There is a lack of information on the effects of different types of salts in the aquatic environment, as well as its environmental impact at regional and landscape scales, and in ecosystem-scale processes (emissions greenhouse gases, nutrient removal, etc.). Also, most studies focus on aquatic invertebrates, while there is still a lack of knowledge on the effect of salinization on the microorganisms that drive the nutrient cycle and are at the top of the food pyramid of the ocean. water (fish, reptiles and amphibians).

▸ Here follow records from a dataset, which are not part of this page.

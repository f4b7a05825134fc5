-- ===== src/Config/Sizes.antt =====
-- harness/config.py: `parse_size_gib`, over the floats of the program.
use aihomelab.Base.{
  String, ◌<>◌, Option, none, some, ◌==◌, string_eq, value_error, Result, ok, raised, if◌then◌else◌,
}
use aihomelab.Base.Attempt.{◌>>=◌}
use aihomelab.Base.Int.{ℤ, pos}
use aihomelab.Base.Text.{strip, lower, split_last, repr}
use aihomelab.Floats.{Floats}

-- `raw[:-2]` if `raw` ends in "ib", `raw[:-1]` if it ends in "b".
unfoldable pub drop_byte_suffix : String → String
unfolding split_last
drop_byte_suffix raw = elim (split_last raw) [
  | none ↦ raw
  | some (init, last) ↦
      if last == "b"
      then (elim (split_last init) [
        | none ↦ init
        | some (init', i) ↦ if i == "i" then init' else init
      ])
      else raw
]

module _ (fl : Floats) where
  -- `_SIZE_GIB_MULT`
  abbrev size_gib_mult : String → Option fl.Float
  size_gib_mult unit =
      if unit == "k"
      then some (fl.div (fl.of_int (pos 1)) (fl.of_int (pos 1048576)))
      else if unit == "m"
      then some (fl.div (fl.of_int (pos 1)) (fl.of_int (pos 1024)))
      else if unit == "g"
      then some (fl.of_int (pos 1))
      else if unit == "t"
      then some (fl.of_int (pos 1024))
      else if unit == "p"
      then some (fl.of_int (pos 1048576))
      else none

  abbrev pub float_of : String → Result fl.Float
  float_of s = elim (fl.parse s) [
    | none ↦ raised (value_error ("could not convert string to float: " <> repr s))
    | some x ↦ ok x
  ]

  unfoldable pub parse_size_gib : String → Result ℤ
  unfolding drop_byte_suffix split_last
  parse_size_gib s = elim (split_last (drop_byte_suffix (lower (strip s)))) [
    | none ↦ raised (value_error ("empty size string: " <> repr s))
    | some (number, unit) ↦ elim (size_gib_mult unit) [
      | none ↦
          raised (value_error ("unknown size suffix in " <> (repr s <> "; expected K/M/G/T/P")))
      | some mult ↦ do x ← float_of number; fl.trunc (fl.mul x mult)
    ]
  ]
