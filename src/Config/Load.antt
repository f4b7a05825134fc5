-- ===== src/Config/Load.antt =====
-- harness/config.py: `load_campaign`. The YAML reader and pydantic's typing of the fields are
-- parameters, and so are the files and the file system's `resolve`.
use aihomelab.Base.{
  String, ◌<>◌, Bool, false, Option, none, some, List, [], ◌∷◌, ◌==◌, string_eq, is_some,
  value_error, file_not_found, key_error, Result, ok, raised, if◌then◌else◌,
}
use aihomelab.Base.Attempt.{◌>>=◌, ◌>>◌}
use aihomelab.Base.Int.{ℤ, ltb_ℤ}
use aihomelab.Base.Text.{◌</>◌, repr, show}
use aihomelab.Floats.{Floats}
use aihomelab.Config.Schema.{FioScenarioSpec, StorageTarget, CampaignRun, Campaign, ResolvedRun}
use aihomelab.Config.Validate.{validate_scenario, validate_campaign}
use aihomelab.Config.Sizes.{parse_size_gib}

-- What the loader is given: the text of each file that exists, `Path.resolve`, `Path.parent`, and
-- the models that YAML and pydantic read from a text before the harness's own validators run.
pub record Loader (V : Type 0) : Type 0 where
  pub read_text : String → Option String
  pub resolve : String → String
  pub parent : String → String
  pub decode_campaign : String → Result (Campaign V)
  pub decode_scenario : String → Result FioScenarioSpec

-- `{t.name: t for t in targets}[name]`: of two targets with one name the later counts.
abbrev pub target_map : List StorageTarget → String → Option StorageTarget
target_map [] name = none
target_map (t ∷ targets) name = elim (target_map targets name) [
  | some later ↦ some later
  | none ↦ if t.name == name then some t else none
]

module _ {V : Type 0} (ld : Loader V) where
  abbrev pub opened : String → Result String
  opened path = elim (ld.read_text path) [
    | none ↦ raised (file_not_found path)
    | some text ↦ ok text
  ]

  unfoldable pub load_scenario : String → Result FioScenarioSpec
  load_scenario path = do text ← opened path; s ← ld.decode_scenario text; validate_scenario s

  abbrev pub target_named : Campaign V → String → Result StorageTarget
  target_named c name = elim (target_map c.targets name) [
    | none ↦ raised (key_error name)
    | some target ↦ ok target
  ]

  -- One round of the loop over `campaign.runs`.
  unfoldable pub resolve_run : Campaign V → String → CampaignRun → Result ResolvedRun
  unfolding load_scenario
  resolve_run c base run =
      let path = ld.resolve (base </> run.scenario) in
      if is_some (ld.read_text path)
      then (do
        scenario ← load_scenario path
        target ← target_named c run.target
        ok (record { run = run; scenario = scenario; target = target; scenario_path = path }))
      else raised (
          file_not_found (
            "scenario file not found: "
            <> (path
                <> (" (resolved from runs[*].scenario="
                    <> (repr run.scenario <> (" + scenarios_dir=" <> (c.scenarios_dir <> ")")))))))

  unfoldable pub resolve_runs : Campaign V → String → List CampaignRun → Result (List ResolvedRun)
  resolve_runs c base [] = ok []
  resolve_runs c base (run ∷ runs) = do
    ok ((← resolve_run c base run) ∷ (← resolve_runs c base runs))

-- Whether a testfile of the size fits what the target declares; an undeclared capacity fits all.
abbrev pub exceeds : ℤ → Option ℤ → Bool
exceeds size none = false
exceeds size (some capacity) = ltb_ℤ capacity size

abbrev shown : Option ℤ → String
shown none = "None"
shown (some n) = show n

module _ (fl : Floats) where
  unfoldable pub check_capacity : ResolvedRun → Result (Unit {0})
  check_capacity rr = do
    tf_gib ← parse_size_gib fl rr.scenario.fio_global.size
    if exceeds tf_gib rr.target.capacity_gib
        then raised (
            value_error (
              "scenario "
              <> (repr rr.scenario.name
                  <> (": testfile size "
                      <> (rr.scenario.fio_global.size
                          <> (" ("
                              <> (show tf_gib
                                  <> (" GiB) exceeds target "
                                      <> (repr rr.target.name
                                          <> (" capacity_gib="
                                              <> shown rr.target.capacity_gib))))))))))
        else ok tt

  unfoldable pub check_capacities : List ResolvedRun → Result (Unit {0})
  check_capacities [] = ok tt
  check_capacities (rr ∷ rest) = do check_capacity rr; check_capacities rest

  unfoldable pub load_campaign :
      Loader fl.Float → String → Result (Campaign fl.Float × List ResolvedRun)
  load_campaign ld path = do
    let campaign_path = ld.resolve path
    text ← opened ld campaign_path
    decoded ← ld.decode_campaign text
    c ← validate_campaign decoded
    resolved ← resolve_runs ld c (ld.parent campaign_path </> c.scenarios_dir) c.runs
    check_capacities resolved
    ok (c, resolved)
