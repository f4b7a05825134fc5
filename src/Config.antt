-- ===== src/Config.antt =====
-- harness/config.py: campaigns and scenarios, their validation, sizes and loading.
mod Schema
mod Validate
mod Sizes
mod Load
pub mod Loaded
pub mod Nodes
unfoldable pub use Schema.*
unfoldable pub use Validate.*
unfoldable pub use Sizes.*
unfoldable pub use Load.*
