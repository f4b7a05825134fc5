-- ===== src/Table.antt =====
-- SQLite tables with a primary key (harness/store.py, the statements under SCHEMA_SQL): a list of
-- rows in the order of their rowids, which only grow, since no statement deletes a row for good.
pub mod Laws
pub mod Rows
use aihomelab.Base.{
  ◌≡◌, Bool, not, Option, none, some, List, [], ◌∷◌, ◌++◌, map, Eq, ◌==◌, any, find, select,
  if◌then◌else◌,
}

module _ {A K : Type 0} ⦃e : Eq K⦄ (key : A → K) where
  -- Whether a row has the key, and the row that SELECT … WHERE key = k fetches.
  abbrev pub has_key : K → List A → Bool
  has_key k = any (λ r. key r == k)

  abbrev pub find_key : K → List A → Option A
  find_key k = find (λ r. key r == k)

  -- INSERT: `none` is the violated PRIMARY KEY.
  unfoldable pub insert_row : A → List A → Option (List A)
  insert_row r rows = if has_key (key r) rows then none else some (rows ++ r ∷ [])

  -- INSERT OR REPLACE: the old row goes, and the new one has the next rowid.
  unfoldable pub replace_row : A → List A → List A
  replace_row r rows = select (λ x. not (key x == key r)) rows ++ r ∷ []

  -- UPDATE … WHERE key = k
  unfoldable pub update_row : K → (A → A) → List A → List A
  update_row k f [] = []
  update_row k f (r ∷ rows) = (if key r == k then f r else r) ∷ update_row k f rows

  -- The primary key is one: no key stands in two rows.
  abbrev pub UniqueKeys : List A → Type 0
  UniqueKeys [] = Unit
  UniqueKeys (r ∷ rows) = (has_key (key r) rows ≡ Bool.false) × UniqueKeys rows
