-- ===== src/Store/Schema.antt =====
-- harness/store.py: the tables of SCHEMA_SQL and the rows that the queries return. A database file
-- is absent, blank (opened, but never given its tables) or holds the four tables. Timestamps count
-- seconds, as their ISO texts order them.
use aihomelab.Base.{ℕ, String, Bool, Option, List, [], string_eq, nat_eq, pair_eq}
use aihomelab.Table.{has_key}

pub record RunRecord : Type 0 where
  pub run_id : String
  pub campaign_name : String
  pub campaign_path : Option String
  pub started_at : ℕ
  pub ended_at : Option ℕ
  pub status : String
  pub raw_dir : String
  pub notes : Option String

pub record ScenarioRecord : Type 0 where
  pub run_id : String
  pub scenario_name : String
  pub repeat_idx : ℕ
  pub kind : String
  pub target_name : String
  pub target_node : String
  pub target_path : String
  pub started_at : ℕ
  pub ended_at : Option ℕ
  pub status : String
  pub error : Option String

-- harness/parsers/fio.py
pub record MetricRecord (V : Type 0) : Type 0 where
  pub job_name : String
  pub op : String
  pub metric : String
  pub value : V

pub record MetricRow (V : Type 0) : Type 0 where
  pub run_id : String
  pub scenario_name : String
  pub repeat_idx : ℕ
  pub record_ : MetricRecord V

pub record EnvRow : Type 0 where
  pub run_id : String
  pub node : String
  pub key : String
  pub value : String

pub record Db (V : Type 0) : Type 0 where
  pub runs : List RunRecord
  pub scenarios : List ScenarioRecord
  pub metrics : List (MetricRow V)
  pub env_snapshots : List EnvRow

pub data DbFile (V : Type 0) : Type 0 where
  absent blank : DbFile V
  tables : Db V → DbFile V

-- The primary keys.
abbrev pub ScenarioKey : Type 0
ScenarioKey = String × (String × ℕ)

abbrev pub MetricKey : Type 0
MetricKey = ScenarioKey × (String × (String × String))

abbrev pub run_key : RunRecord → String
run_key r = r.run_id

abbrev pub scenario_key : ScenarioRecord → ScenarioKey
scenario_key r = (r.run_id, (r.scenario_name, r.repeat_idx))

abbrev pub metric_key : {V : Type 0} → MetricRow V → MetricKey
metric_key r = (
  (r.run_id, (r.scenario_name, r.repeat_idx)),
  (r.record_.job_name, (r.record_.op, r.record_.metric)),
)

abbrev pub env_key : EnvRow → String × (String × String)
env_key r = (r.run_id, (r.node, r.key))

-- FOREIGN KEY (run_id) REFERENCES runs(run_id)
abbrev pub has_run : {V : Type 0} → String → Db V → Bool
has_run id db = has_key run_key id db.runs

abbrev pub empty_db : {V : Type 0} → Db V
empty_db = record { runs = []; scenarios = []; metrics = []; env_snapshots = [] }

-- What the queries return.
pub record RunRow : Type 0 where
  pub run_id : String
  pub campaign_name : String
  pub started_at : ℕ
  pub ended_at : Option ℕ
  pub status : String
  pub raw_dir : String

pub record ScenarioRow : Type 0 where
  pub scenario_name : String
  pub repeat_idx : ℕ
  pub kind : String
  pub target_name : String
  pub target_node : String
  pub target_path : String
  pub status : String
  pub started_at : ℕ
  pub ended_at : Option ℕ
  pub error : Option String

pub record StoredMetric (V : Type 0) : Type 0 where
  pub scenario_name : String
  pub repeat_idx : ℕ
  pub job_name : String
  pub op : String
  pub metric : String
  pub value : V
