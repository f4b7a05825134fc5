-- ===== src/Store/Writes.antt =====
-- harness/store.py: the connection and the statements that write.
use aihomelab.Base.{
  Bool, ℕ, String, ◌<>◌, Option, none, some, List, [], ◌∷◌, map, length, Error, integrity_error,
  operational_error, Result, ok, raised, Py, string_eq, nat_eq, pair_eq, if◌then◌else◌,
}
use aihomelab.Table.{insert_row, replace_row, update_row}
use aihomelab.Store.Schema.{
  RunRecord, ScenarioRecord, MetricRecord, MetricRow, EnvRow, Db, DbFile, absent, blank, tables,
  run_key, scenario_key, metric_key, env_key, has_run, empty_db, ScenarioKey,
}

abbrev pub unique_failed : String → Error
unique_failed columns = integrity_error ("UNIQUE constraint failed: " <> columns)

-- A second row for a run, scenario and repeat.
abbrev pub already_started : Error
already_started = unique_failed "scenarios.run_id, scenarios.scenario_name, scenarios.repeat_idx"

not_null_failed : Error
not_null_failed = integrity_error "NOT NULL constraint failed: metrics.value"

foreign_failed : Error
foreign_failed = integrity_error "FOREIGN KEY constraint failed"

abbrev pub end_run : ℕ → String → RunRecord → RunRecord
end_run now status r = record r { ended_at = some now; status = status }

abbrev pub end_scenario : ℕ → String → Option String → ScenarioRecord → ScenarioRecord
end_scenario now status error r = record r { ended_at = some now; status = status; error = error }

module _ {V A : Type 0} where
  -- `with _connect(db_path) as conn`: the connection creates the file, commits what the block did,
  -- and rolls it back if the block raises.
  abbrev pub commit : Db V → Result (A × Db V) → Result A × DbFile V
  commit db (ok (a, db')) = (ok a, tables db')
  commit db (raised e) = (raised e, tables db)

  unfoldable pub connect : String → (Db V → Result (A × Db V)) → Py (DbFile V) A
  connect table block absent = (raised (operational_error ("no such table: " <> table)), blank)
  connect table block blank = (raised (operational_error ("no such table: " <> table)), blank)
  connect table block (tables db) = commit db (block db)

module _ {V : Type 0} where
  unfoldable pub init_db : Py (DbFile V) (Unit {0})
  init_db absent = (ok tt, tables empty_db)
  init_db blank = (ok tt, tables empty_db)
  init_db (tables db) = (ok tt, tables db)

  unfoldable pub insert_run : RunRecord → Db V → Result (Unit {0} × Db V)
  insert_run r db = elim (insert_row run_key r db.runs) [
    | none ↦ raised (unique_failed "runs.run_id")
    | some runs ↦ ok (tt, record db { runs = runs })
  ]

  unfoldable pub insert_scenario : ScenarioRecord → Db V → Result (Unit {0} × Db V)
  unfolding foreign_failed
  insert_scenario r db = elim (insert_row scenario_key r db.scenarios) [
    | none ↦ raised already_started
    | some rows ↦
        if has_run r.run_id db
        then ok (tt, record db { scenarios = rows })
        else raised foreign_failed
  ]

  -- `executemany` over INSERT OR REPLACE INTO metrics; a value that is NaN is stored as a NULL, which
  -- `value REAL NOT NULL` refuses.
  unfoldable pub insert_metrics : (V → Bool) → List (MetricRow V) → Db V → Result (Unit {0} × Db V)
  unfolding foreign_failed not_null_failed
  insert_metrics is_nan [] db = ok (tt, db)
  insert_metrics is_nan (r ∷ rows) db =
      let rest =
        insert_metrics is_nan rows (record db { metrics = replace_row metric_key r db.metrics }) in
      if is_nan r.record_.value
      then raised not_null_failed
      else if has_run r.run_id db
      then rest
      else raised foreign_failed

  unfoldable pub insert_env : List EnvRow → Db V → Result (Unit {0} × Db V)
  unfolding foreign_failed
  insert_env [] db = ok (tt, db)
  insert_env (r ∷ rows) db =
      let rest =
        insert_env rows (record db { env_snapshots = replace_row env_key r db.env_snapshots }) in
      if has_run r.run_id db then rest else raised foreign_failed

  -- The second connection starts from what `init_db` left; `init_db` raises nothing.
  unfoldable pub start_run :
      (now : ℕ) (run_id campaign_name : String) (campaign_path : Option String) (raw_dir : String)
      (notes : Option String)
      → Py (DbFile V) (Unit {0})
  unfolding init_db connect insert_run
  start_run now run_id campaign_name campaign_path raw_dir notes f =
      connect "runs"
        (insert_run (record {
          run_id = run_id;
          campaign_name = campaign_name;
          campaign_path = campaign_path;
          started_at = now;
          ended_at = none;
          status = "running";
          raw_dir = raw_dir;
          notes = notes;
        }))
        (init_db f).1

  unfoldable pub update_run : ℕ → String → String → Db V → Result (Unit {0} × Db V)
  update_run now run_id status db =
      ok (tt, record db { runs = update_row run_key run_id (end_run now status) db.runs })

  unfoldable pub finish_run : (now : ℕ) (run_id status : String) → Py (DbFile V) (Unit {0})
  unfolding connect update_run
  finish_run now run_id status = connect "runs" (update_run now run_id status)

  unfoldable pub start_scenario :
      (now : ℕ) (run_id scenario_name : String) (repeat_idx : ℕ)
      (kind target_name target_node target_path : String)
      → Py (DbFile V) (Unit {0})
  unfolding connect insert_scenario
  start_scenario now run_id scenario_name repeat_idx kind target_name target_node target_path =
      connect "scenarios" (
        insert_scenario (record {
          run_id = run_id;
          scenario_name = scenario_name;
          repeat_idx = repeat_idx;
          kind = kind;
          target_name = target_name;
          target_node = target_node;
          target_path = target_path;
          started_at = now;
          ended_at = none;
          status = "running";
          error = none;
        }))

  unfoldable pub update_scenario :
      ℕ → ScenarioKey → String → Option String → Db V → Result (Unit {0} × Db V)
  update_scenario now k status error db = ok (
    tt,
    record db {
      scenarios = update_row scenario_key k (end_scenario now status error) db.scenarios;
    },
  )

  unfoldable pub finish_scenario :
      (now : ℕ) (run_id scenario_name : String) (repeat_idx : ℕ) (status : String)
      (error : Option String)
      → Py (DbFile V) (Unit {0})
  unfolding connect update_scenario
  finish_scenario now run_id scenario_name repeat_idx status error =
      connect "scenarios" (update_scenario now (run_id, (scenario_name, repeat_idx)) status error)

  abbrev pub metric_rows : String → String → ℕ → List (MetricRecord V) → List (MetricRow V)
  metric_rows run_id scenario_name repeat_idx = map λ r. record {
    run_id = run_id;
    scenario_name = scenario_name;
    repeat_idx = repeat_idx;
    record_ = r;
  }

  -- The number of rows comes back; with none the database is not opened.
  unfoldable pub record_metrics :
      (V → Bool)
      → (run_id scenario_name : String) (repeat_idx : ℕ) (records : List (MetricRecord V))
      → Py (DbFile V) ℕ
  unfolding connect insert_metrics
  record_metrics is_nan run_id scenario_name repeat_idx [] f = (ok 0, f)
  record_metrics is_nan run_id scenario_name repeat_idx (r ∷ records) f =
      let rows = metric_rows run_id scenario_name repeat_idx (r ∷ records) in
      let (written, f') = connect "metrics" (insert_metrics is_nan rows) f in
      (elim written [ ok _ ↦ ok (length rows) | raised e ↦ raised e ], f')

  unfoldable pub record_env :
      (run_id node : String) (kv : List (String × String)) → Py (DbFile V) (Unit {0})
  unfolding connect insert_env
  record_env run_id node kv =
      connect "env_snapshots"
        (insert_env (map (λ e. record { run_id = run_id; node = node; key = e.0; value = e.1 }) kv))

“As part of the study, we have worked out a research agenda with the most urgent gaps to be filled and proposed several ways to approach them from several angles. For each perspective, we mention three main axes and suggest experiments, methods and aspects that will promote the advancement of new studies in this field”, notes David Cunillera-Montcusí, lead author of the study and postdoctoral researcher at the FEHM of the University of Barcelona.

“The global trend of lakes and rivers is a great challenge for freshwater biodiversity, the functioning of ecosystems and the human societies that depend on them,” adds Miguel Cañedo-Argüelles, Serra Hunter Professor in the Department of Evolutionary Biology. , Ecology and Environmental Sciences from the UB and member of the FEHM and the Water Research Institute (IdRA) of the University of Barcelona.

“To meet this challenge, we need a joint effort of the scientific community, practitioners, local communities and policy makers,” says Sandra Brucet, researcher at ICREA, University of Vic – Central University of Catalonia. Miguel Matias, researcher at MNC-CSIC, concludes that “with the collaborative effort of the international team of scientists who published the review article, we want to promote this global effort in order to move in this direction and to stimulate interest in this global problem that will lead us to a saltier world with many salinized lakes and rivers, and for which we must prepare”.